Sample elements of each pair sequentially, Method 1
This method, like the next, can only be used to sample with replacement.
Let's first consider sampling a single pair. We could do that by selecting the first element of the pair randomly from arr, remove all instances of that element in arr and then sample the second element from what's left of arr.
def sample_one_pair(arr)
first = arr.sample
[first, second = (arr-[first]).sample]
end
To draw a sample of arr.size/2 pairs we there execute the following.
Array.new(arr.size/2) { sample_one_pair(arr) }
#=> [[1, 2], [4, 3], [1, 2]]
Sample elements of each pair sequentially, Method 2
This method is a very fast way of sampling large numbers of pairs with replacement. Like the previous method, it cannot be used to sample without replacement.
First, compute the cdf (cumulative distribution function) for drawing an element of arr at random.
counts = arr.group_by(&:itself).transform_values { |v| v.size }
#=> {1=>3, 4=>1, 2=>2, 3=>1}
def cdf(sz, counts)
frac = 1.0/sz
counts.each_with_object([]) { |(k,v),a|
a << [k, frac * v + (a.empty? ? 0 : a.last.last)] }
end
cdf_first = cdf(arr.size, counts)
#=> [[1, 0.429], [4, 0.571], [2, 0.857], [3, 1.0]]
This means that there is a probability of 0.429 (rounded) of randomly drawing a 1, 0.571 of drawing a 1 or a 4, 0.857 of drawing a 1, 4 or 2 and 1.0 of drawing one of the four numbers. We therefore can randomly sample a number from arr by obtaining a (pseudo-) random number between zero and one (p = rand) and then determine the first element of counts_cdf, [n, q] for which p <= q:
def draw_random(cdf)
p = rand
cdf.find { |n,q| p <= q }.first
end
draw_random(counts_cdf) #=> 1
draw_random(counts_cdf) #=> 4
draw_random(counts_cdf) #=> 1
draw_random(counts_cdf) #=> 1
draw_random(counts_cdf) #=> 2
draw_random(counts_cdf) #=> 3
In simulation models, incidentally, this is the standard way of generating pseudo-random variates from discrete probability distributions.
Before drawing the second random number of the pair we need to modify cdf_first to reflect that fact that the first number cannot be drawn again.
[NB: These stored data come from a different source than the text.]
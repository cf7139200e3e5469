-- ===== src/Vault/Effects.antt =====
-- What retrieval and the brick leave in the world.
use phantasm.Base.{
  suc, ◌+◌, ◌-◌, inl, inr, Option-cases, ◌≤◌, ◌≡◌, refl, String, false, none, some, List, Bytes,
  length, arith,
}
use phantasm.Base.Except.{Result, ok, err, Result-cases}
use phantasm.Storage.{World, Error, read_at}
use phantasm.Container.{ContainerLayout, Span, get_slot_span}
use phantasm.Container.Erasure.{silent_brick_forgets}
use phantasm.Platform.{Platform}
use phantasm.RecordCipher.{Opened}
use phantasm.KdfEngine.{derive_key}
use phantasm.KdfEngine
use phantasm.Vault.{
  open_record, recover, read_slot, read_container, retrieve_slot, retrieve_with_policy,
  silent_brick,
}

module _ (env : Platform) (l : ContainerLayout) where
  derive_key_reads :
      (password : Bytes) (gestures : List Bytes) (mode : String) (salt : Bytes) (role : String)
      (s : World)
      → (derive_key env password gestures mode salt role false s).1 ≡ s
  unfolding derive_key
  derive_key_reads password gestures mode salt role s = ground arith

  open_record_reads :
      (password : Bytes) (gestures : List Bytes) (mode role : String) (salt nonce text : Bytes)
      (s : World)
      → (open_record env l password gestures mode role salt nonce text s).1 ≡ s
  unfolding open_record
  open_record_reads password gestures mode role salt nonce text s =
      ground (arith, derive_key_reads password gestures mode salt role s)

  recover_state : (r : Result Error Opened × World) → (recover env l r).1 ≡ r.1
  unfolding recover
  recover_state (ok opened, s) = refl
  recover_state (err e, s) = ground arith

  read_slot_reads :
      (password : Bytes) (gestures : List Bytes) (mode role : String) (span : Span) (file : Bytes)
      (s : World)
      → (read_slot env l password gestures mode role span file s).1 ≡ s
  unfolding read_slot
  read_slot_reads password gestures mode role span file s =
      let (start, span_len) = span in
      let salt = read_at start 16 file in
      let nonce = read_at (start + 16) 12 file in
      let text = read_at (start + 16 + 12) (span_len - 16 - 12) file in
      ground (
        arith,
        recover_state (open_record env l password gestures mode role salt nonce text s),
        open_record_reads password gestures mode role salt nonce text s,
      )

  read_container_reads :
      (password : Bytes) (gestures : List Bytes) (mode role : String) (span : Span) (s : World)
      → (read_container env l password gestures mode role span s).1 ≡ s
  unfolding read_container
  read_container_reads password gestures mode role span s = elim (Option-cases s.container) [
    | inl gone ↦ rw gone refl
    | inr (file, at) ↦ ground (arith, read_slot_reads password gestures mode role span file s)
  ]

  retrieve_slot_reads :
      (password : Bytes) (gestures : List Bytes) (mode role : String) (s : World)
      → (retrieve_slot env l password gestures mode role s).1 ≡ s
  unfolding retrieve_slot
  retrieve_slot_reads password gestures mode role s =
      elim (Result-cases (get_slot_span l mode role)) [
        | inl (span, at) ↦ rw at (read_container_reads password gestures mode role span s)
        | inr (e, at) ↦ rw at refl
      ]

  -- Retrieving, whatever it finds or raises, changes neither the container nor the access key, and
  -- draws no random bytes.
  pub retrieve_with_policy_reads :
      (password : Bytes) (gestures : List Bytes) (mode : String) (s : World)
      → (retrieve_with_policy env l password gestures mode s).1 ≡ s
  unfolding retrieve_with_policy
  retrieve_with_policy_reads password gestures mode s = ground (
    arith,
    retrieve_slot_reads password gestures mode "open" s,
    retrieve_slot_reads password gestures mode "purge" s,
    retrieve_slot_reads password gestures mode "purge"
        (retrieve_slot env l password gestures mode "open" s).1,
  )

  -- Where there is an access key and a container no longer than the layout's size, the brick
  -- succeeds, removes the key, and leaves one and the same world whatever both held.
  pub vault_silent_brick_forgets :
      (s : World) (a b k k' : Bytes)
      → length a ≤ l.container_size
      → length b ≤ l.container_size
      → (silent_brick env l (record s { container = some a; access_key = some k })
          ≡ silent_brick env l (record s { container = some b; access_key = some k' }))
        × ((silent_brick env l (record s { container = some a; access_key = some k })).0 ≡ ok tt)
        × ((silent_brick env l (record s { container = some a; access_key = some k })).1.access_key
            ≡ none)
  unfolding silent_brick KdfEngine.destroy_access_keys
  vault_silent_brick_forgets s a b k k' ha hb =
      silent_brick_forgets env.rng l (record s { access_key = none; draws = suc s.draws }) a b ha hb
Assuming there will be many pairs to generate randomly, it is most efficient to construct a hash cdf_second whose keys are the first values drawn randomly for the pair and whose values are the corresponding cdf's.
cdf_second = counts.keys.each_with_object({}) { |n, h|
h[n] = cdf(arr.size - counts[n], counts.reject { |k,_| k==n }) }
#=> {1=>[[4, 0.25], [2, 0.75], [3, 1.0]],
# 4=>[[1, 0.5], [2, 0.833], [3, 1.0]],
# 2=>[[1, 0.6], [4, 0.8], [3, 1.0]],
# 3=>[[1, 0.5], [4, 0.667], [2, 1.0]]}
If, for example, a 2 is drawn for the first element of the pair, the probability is 0.6 of drawing a 1 for the second element, 0.8 of drawing a 1 or 4 and 1.0 of drawing a 1, 4, or 3.
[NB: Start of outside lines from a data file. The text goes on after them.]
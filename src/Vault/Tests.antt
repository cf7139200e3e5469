-- ===== src/Vault/Tests.antt =====
-- A vault of 1024 bytes: one run through store and retrieve, and the theorems at concrete inputs.
use phantasm.Base.{
  ℕ, ◌≡◌, refl, ap, inl, Option, none, some, [], ◌∷◌, Bytes, replicate, codes, arith, eq_iff,
  bytes_eq, length-replicate,
}
use phantasm.Base.Dict.{lookup}
use phantasm.Base.Except.{ok, err}
use phantasm.Storage.{World, value_error}
use phantasm.Storage.Sample.{holding}
use phantasm.Container.{ContainerLayout, get_plaintext_capacity, get_slot_span}
use phantasm.Platform.Sample.{simple}
use phantasm.RecordCipher.{basename}
use phantasm.RecordCipher.RoundTrip.{Fits, recovered_name}
use phantasm.Vault.{
  write_slot, store, store_open_only, retrieve_open_only, retrieve_slot, retrieve_with_policy,
  silent_brick,
}
use phantasm.Vault.Slots.{Writes, write_slot-Writes}
use phantasm.Vault.RoundTrip.{
  IsFormatted, Writes-IsFormatted, retrieve_with_policy-store,
  retrieve_with_policy-store_restricted, store_half_done, retrieve_open_only-store_open_only,
}
use phantasm.Vault.Effects.{retrieve_with_policy_reads, vault_silent_brick_forgets}

abbrev layout : ContainerLayout
layout = record { container_size = 1024 }

abbrev blank : Bytes
blank = replicate 1024 7

abbrev fresh : World
fresh = holding blank

fresh-IsFormatted : IsFormatted simple layout fresh
fresh-IsFormatted = record {
  file = blank;
  at = refl;
  size = length-replicate {A = ℕ} 1024 7;
  usable = tt;
}

abbrev name : Option Bytes
name = some (codes "/tmp/plan.txt")

abbrev note : Bytes
note = 1 ∷ 2 ∷ []

note-Fits_open : Fits simple layout note "dummy" "open" name 1000
unfolding get_plaintext_capacity lookup basename
note-Fits_open = record { capacity = 212; room = refl; enough = omega arith; short = omega arith }

note-Fits_purge : Fits simple layout note "dummy" "purge" name 1000
unfolding get_plaintext_capacity lookup basename
note-Fits_purge = record { capacity = 212; room = refl; enough = omega arith; short = omega arith }

-- The payload that takes up all of the open slot.
abbrev full : Bytes
full = replicate 192 5

full-Fits_open : Fits simple layout full "dummy" "open" name 1000
unfolding get_plaintext_capacity lookup basename
full-Fits_open = record { capacity = 212; room = refl; enough = omega arith; short = omega arith }

retrieve_with_policy-store_example :
    (t : World) × (store simple layout (codes "alpha") note [] name "dummy" none fresh ≡ (ok tt, t))
    × (retrieve_with_policy simple layout (codes "alpha") [] "dummy" t
        ≡ (ok (some (note, recovered_name name, "open")), t))
retrieve_with_policy-store_example =
    retrieve_with_policy-store simple layout (codes "alpha") note [] name "dummy" fresh
      fresh-IsFormatted (inl refl) note-Fits_open

retrieve_with_policy-store_restricted_example :
    (t : World) × (store simple layout
        (codes "alpha")
        note
        []
        name
        "dummy"
        (some (codes "bravo"))
        fresh
      ≡ (ok tt, t))
    × (retrieve_with_policy simple layout (codes "alpha") [] "dummy" t
        ≡ (ok (some (note, recovered_name name, "open")), t))
    × (retrieve_slot simple layout (codes "bravo") [] "dummy" "purge" t
        ≡ (ok (some (note, recovered_name name)), t))
unfolding bytes_eq
retrieve_with_policy-store_restricted_example =
    retrieve_with_policy-store_restricted simple layout (codes "alpha") note [] name "dummy" b'b'
      (codes "ravo") fresh fresh-IsFormatted (inl refl) refl note-Fits_open note-Fits_purge

store_half_done_example :
    (t : World) × (store simple layout
        (codes "alpha")
        full
        []
        name
        "dummy"
        (some (codes "bravo"))
        fresh
      ≡ (err (value_error "encrypted payload does not fit in the container"), t))
    × (retrieve_with_policy simple layout (codes "alpha") [] "dummy" t
        ≡ (ok (some (full, recovered_name name, "open")), t))
unfolding bytes_eq get_plaintext_capacity lookup basename
store_half_done_example =
    store_half_done simple layout (codes "alpha") full [] name "dummy" b'b' (codes "ravo") fresh
      {capacity = 212} fresh-IsFormatted (inl refl) refl full-Fits_open refl (omega arith)

note-Fits_secret : Fits simple layout note "secret" "open" name 1000
unfolding get_plaintext_capacity lookup basename
note-Fits_secret = record { capacity = 212; room = refl; enough = omega arith; short = omega arith }

-- A first entry in the other mode.
first :
    (t : World) × (write_slot simple layout (codes "delta") note [] name "secret" "open" fresh
      ≡ (ok tt, t))
    × Writes simple layout
        (codes "delta")
        []
        "secret"
        "open"
        note
        (recovered_name name)
        (512, 256)
        fresh
        t
unfolding get_slot_span
first =
    write_slot-Writes simple layout (codes "delta") note [] name "secret" "open" fresh
      {span = (512, 256)} refl tt refl note-Fits_secret

first-IsFormatted : IsFormatted simple layout first.0
unfolding get_slot_span
first-IsFormatted =
    Writes-IsFormatted simple layout (codes "delta") [] "secret" "open" {span = (512, 256)}
      fresh-IsFormatted refl first.2

retrieve_open_only-store_open_only_example :
    (t : World) × (store_open_only simple layout (codes "alpha") note [] name "dummy" first.0
      ≡ (ok tt, t))
    × (retrieve_open_only simple layout (codes "alpha") [] "dummy" t
        ≡ (ok (some (note, recovered_name name)), t))
    × (retrieve_slot simple layout (codes "delta") [] "secret" "open" t
        ≡ (ok (some (note, recovered_name name)), t))
retrieve_open_only-store_open_only_example =
    retrieve_open_only-store_open_only simple layout (codes "alpha") note [] name "dummy" first.0
      (codes "delta") [] "secret" "open" first-IsFormatted (inl refl)
      (rw (ap (λ (w : World). w.clock) first.2.state) note-Fits_open)
      (inl λ e. ground (arith, eq_iff "dummy" "secret")) first.2.holds

retrieve_with_policy_reads_example :
    (retrieve_with_policy simple layout (codes "alpha") [] "dummy" fresh).1 ≡ fresh
retrieve_with_policy_reads_example =
    retrieve_with_policy_reads simple layout (codes "alpha") [] "dummy" fresh

vault_silent_brick_forgets_example :
    (silent_brick simple layout (record fresh { container = some blank; access_key = some note })
      ≡ silent_brick simple layout (record fresh { container = some full; access_key = some full }))
    × ((silent_brick simple layout
          (record fresh { container = some blank; access_key = some note })).0
        ≡ ok tt)
    × ((silent_brick simple layout
          (record fresh { container = some blank; access_key = some note })).1.access_key
        ≡ none)
vault_silent_brick_forgets_example =
    vault_silent_brick_forgets simple layout fresh blank full note full (omega arith) (omega arith)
We can then sample one pair as follows.
def sample_one_pair(cdf_first, cdf_second)
first = draw_random(cdf_first)
[first, draw_random(cdf_second[first])]
end
As before, to sample arr.size/2 values with replacement, we execute
Array.new(arr.size/2) { sample_one_pair }
#=> [[2, 1], [3, 2], [1, 2]]
With replacement, you may get results like:
unique_pairs([1, 1, 2, 2, 3, 4]) # => [[4, 1], [1, 2], [1, 3]]
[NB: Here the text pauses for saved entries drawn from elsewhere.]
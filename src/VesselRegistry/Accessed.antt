-- ===== src/VesselRegistry/Accessed.antt =====
-- services/vessel_service.py: what a call of `update_face_access` makes of the face that it is for, argument by argument.
-- The faces are told by their ids, as they are when the registry is stored and merged with its seal again.
use phantasm.Base.{
  ◌≡◌, refl, ap, ◌∙◌, String, false, not, ◌||◌, none, some, List, [], ◌∷◌, arith, str_eq, eq_iff,
  eq_refl, Bool-cases, inl, inr, if◌then◌else◌,
}
use mathlib.Core.List.{Memᴰ}
use mathlib.Core.List.Memᴰ.{head, tail}
use mathlib.Core.Path.{subst}
use phantasm.Base.Int.{pos, ltb_ℤ}
use phantasm.Base.Find.{find_first}
use phantasm.VesselRegistry.{
  Face, Defaults, Access, Registry, has_id, update_face_access, get_face_state_record, record_at,
  given, accessed,
}
use phantasm.VesselRegistry.Operations.{IsSound}
use phantasm.VesselRegistry.TouchFace.{get_face_state_record-update_face_access}

module _ {Profile Binding : Type 0} where
  -- No two faces have one id.
  abbrev pub Distinct : List (Face Profile Binding) → Type 0
  Distinct [] = Unit
  Distinct (f ∷ fs) = (find_first (has_id f.face_id) fs ≡ none) × Distinct fs

  found_later :
      (x f : Face Profile Binding) (fs : List (Face Profile Binding))
      → find_first (has_id x.face_id) fs ≡ none
      → find_first (has_id f.face_id) fs ≡ some f
      → str_eq x.face_id f.face_id ≡ false
  found_later x f fs absent there = elim (Bool-cases (str_eq x.face_id f.face_id)) [
    | inr apart ↦ apart
    | inl same ↦
        let at : find_first (has_id x.face_id) fs ≡ find_first (has_id f.face_id) fs =
          ap (λ id. find_first (has_id id) fs) ((eq_iff x.face_id f.face_id).0 same) in
        cc (at, absent, there)
  ]

  pub find_first-Memᴰ :
      (f : Face Profile Binding) (faces : List (Face Profile Binding))
      → Distinct faces
      → Memᴰ f faces
      → find_first (has_id f.face_id) faces ≡ some f
  unfolding find_first
  find_first-Memᴰ f [] distinct there = elim there [ ]
  find_first-Memᴰ f (x ∷ faces) distinct (head same) =
      subst (λ y. find_first (has_id f.face_id) (y ∷ faces) ≡ some f) {x = f} {y = x} same
        (rw (eq_refl f.face_id) refl)
  find_first-Memᴰ f (x ∷ faces) (absent, distinct) (tail there) =
      let later = find_first-Memᴰ f faces distinct there in
      rw (found_later x f faces absent later) later

  -- What the arguments of a call and the clock make of a face
  pub record IsAccessed (now : String) (a : Access Profile Binding)
      (before after : Face Profile Binding) : Type 0 where
    pub same_id : after.face_id ≡ before.face_id
    pub same_label : after.label ≡ before.label
    pub same_selector : after.selector ≡ before.selector
    pub same_creation : after.created_at ≡ before.created_at
    pub occupancy : after.occupancy ≡ given a.occupancy before.occupancy
    pub file_count : after.file_count ≡ given a.file_count before.file_count
    pub dummy_profile : after.dummy_profile ≡ given a.dummy_profile before.dummy_profile
    pub object_binding : after.object_binding ≡ given a.object_binding before.object_binding
    pub emergency_auth : after.emergency_auth ≡ given a.emergency_auth before.emergency_auth
    pub credentials_initialized :
        after.credentials_initialized
        ≡ given a.credentials_initialized before.credentials_initialized
    pub object_binding_initialized :
        after.object_binding_initialized
        ≡ given a.object_binding_initialized before.object_binding_initialized
    pub status : after.status ≡ (
        if a.opened
        then "open"
        else if ltb_ℤ (pos 0) after.file_count
        then "occupied"
        else "available")
    pub last_accessed :
        after.last_accessed ≡ (if a.opened || not a.closed then now else before.last_accessed)

  accessed-IsAccessed :
      (defaults : Defaults Profile Binding) (now : String) (a : Access Profile Binding)
      (f : Face Profile Binding)
      → IsAccessed now a f (accessed defaults now a f)
  accessed-IsAccessed defaults now a f = record {
    same_id = ground arith;
    same_label = ground arith;
    same_selector = ground arith;
    same_creation = ground arith;
    occupancy = ground arith;
    file_count = ground arith;
    dummy_profile = ground arith;
    object_binding = ground arith;
    emergency_auth = ground arith;
    credentials_initialized = ground arith;
    object_binding_initialized = ground arith;
    status = ground arith;
    last_accessed = ground arith;
  }

  -- In a sound registry where no two faces of a vessel have one id, after a call for one face of the vessel: the
  -- occupancy, the number of files, the profile, the object binding, the destroy passphrase, and the marks that credentials
  -- and a binding are set up, of the face are those of the arguments that were given, and what they were for the others; its id, label, selector and
  -- time of creation are what they were; its status is open where it was opened, and else tells whether it holds files;
  -- its time of access is the clock's, unless the call only closed it; and any other face of the vessel is what it was.
  pub update_face_access-IsAccessed :
      (defaults : Defaults Profile Binding) (now path : String) (a : Access Profile Binding)
      (registry : Registry Profile Binding) (f g : Face Profile Binding)
      → IsSound registry
      → Distinct (record_at defaults now path registry).faces
      → Memᴰ f (record_at defaults now path registry).faces
      → Memᴰ g (record_at defaults now path registry).faces
      → str_eq f.face_id g.face_id ≡ false
      → (h : Face Profile Binding) × (get_face_state_record path f.face_id
            (update_face_access defaults now path f.face_id a registry).1
          ≡ some h)
        × IsAccessed now a f h
        × (get_face_state_record path g.face_id
              (update_face_access defaults now path f.face_id a registry).1
            ≡ some g)
  update_face_access-IsAccessed defaults now path a registry f g sound distinct here there apart =
      let faces = (record_at defaults now path registry).faces in
      let at_f = find_first-Memᴰ f faces distinct here in
      let at_g = find_first-Memᴰ g faces distinct there in
      (
        accessed defaults now a f,
        get_face_state_record-update_face_access defaults now path f.face_id f.face_id a registry f
              f sound at_f at_f
            ∙ ap (λ b. some (if b then accessed defaults now a f else f)) (eq_refl f.face_id),
        accessed-IsAccessed defaults now a f,
        get_face_state_record-update_face_access defaults now path f.face_id g.face_id a registry f
              g sound at_f at_g
            ∙ ap (λ b. some (if b then accessed defaults now a g else g)) apart,
      )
Note that 1 gets chosen three times, even though it's only in the original array twice. This is because the 1 is "replaced" each time it's chosen. In other words, it's put back into the collection to potentially be chosen again.
Here's a version of Cary's excellent sample_one_pair solution without replacement:
def unique_pairs(arr)
dup = arr.dup
Array.new(dup.size / 2) do
dup.shuffle!
first = dup.pop
second_index = dup.rindex { |e| e != first }
raise StopIteration unless second_index
second = dup.delete_at(second_index)
[first, second]
end
rescue StopIteration
retry
end
unique_pairs([1, 1, 2, 2, 3, 4]) # => [[4, 3], [1, 2], [2, 1]]
This works by creating a copy of the original array and deleting elements out of it as they're chosen (so they can't be chosen again). The rescue/retry is in there in case it becomes impossible to produce the correct number of pairs. For example, if [1, 3] is chosen first, and [1, 4] is chosen second, it becomes impossible to make three unique pairs because [2, 2] is all that's left; the sample space is exhausted.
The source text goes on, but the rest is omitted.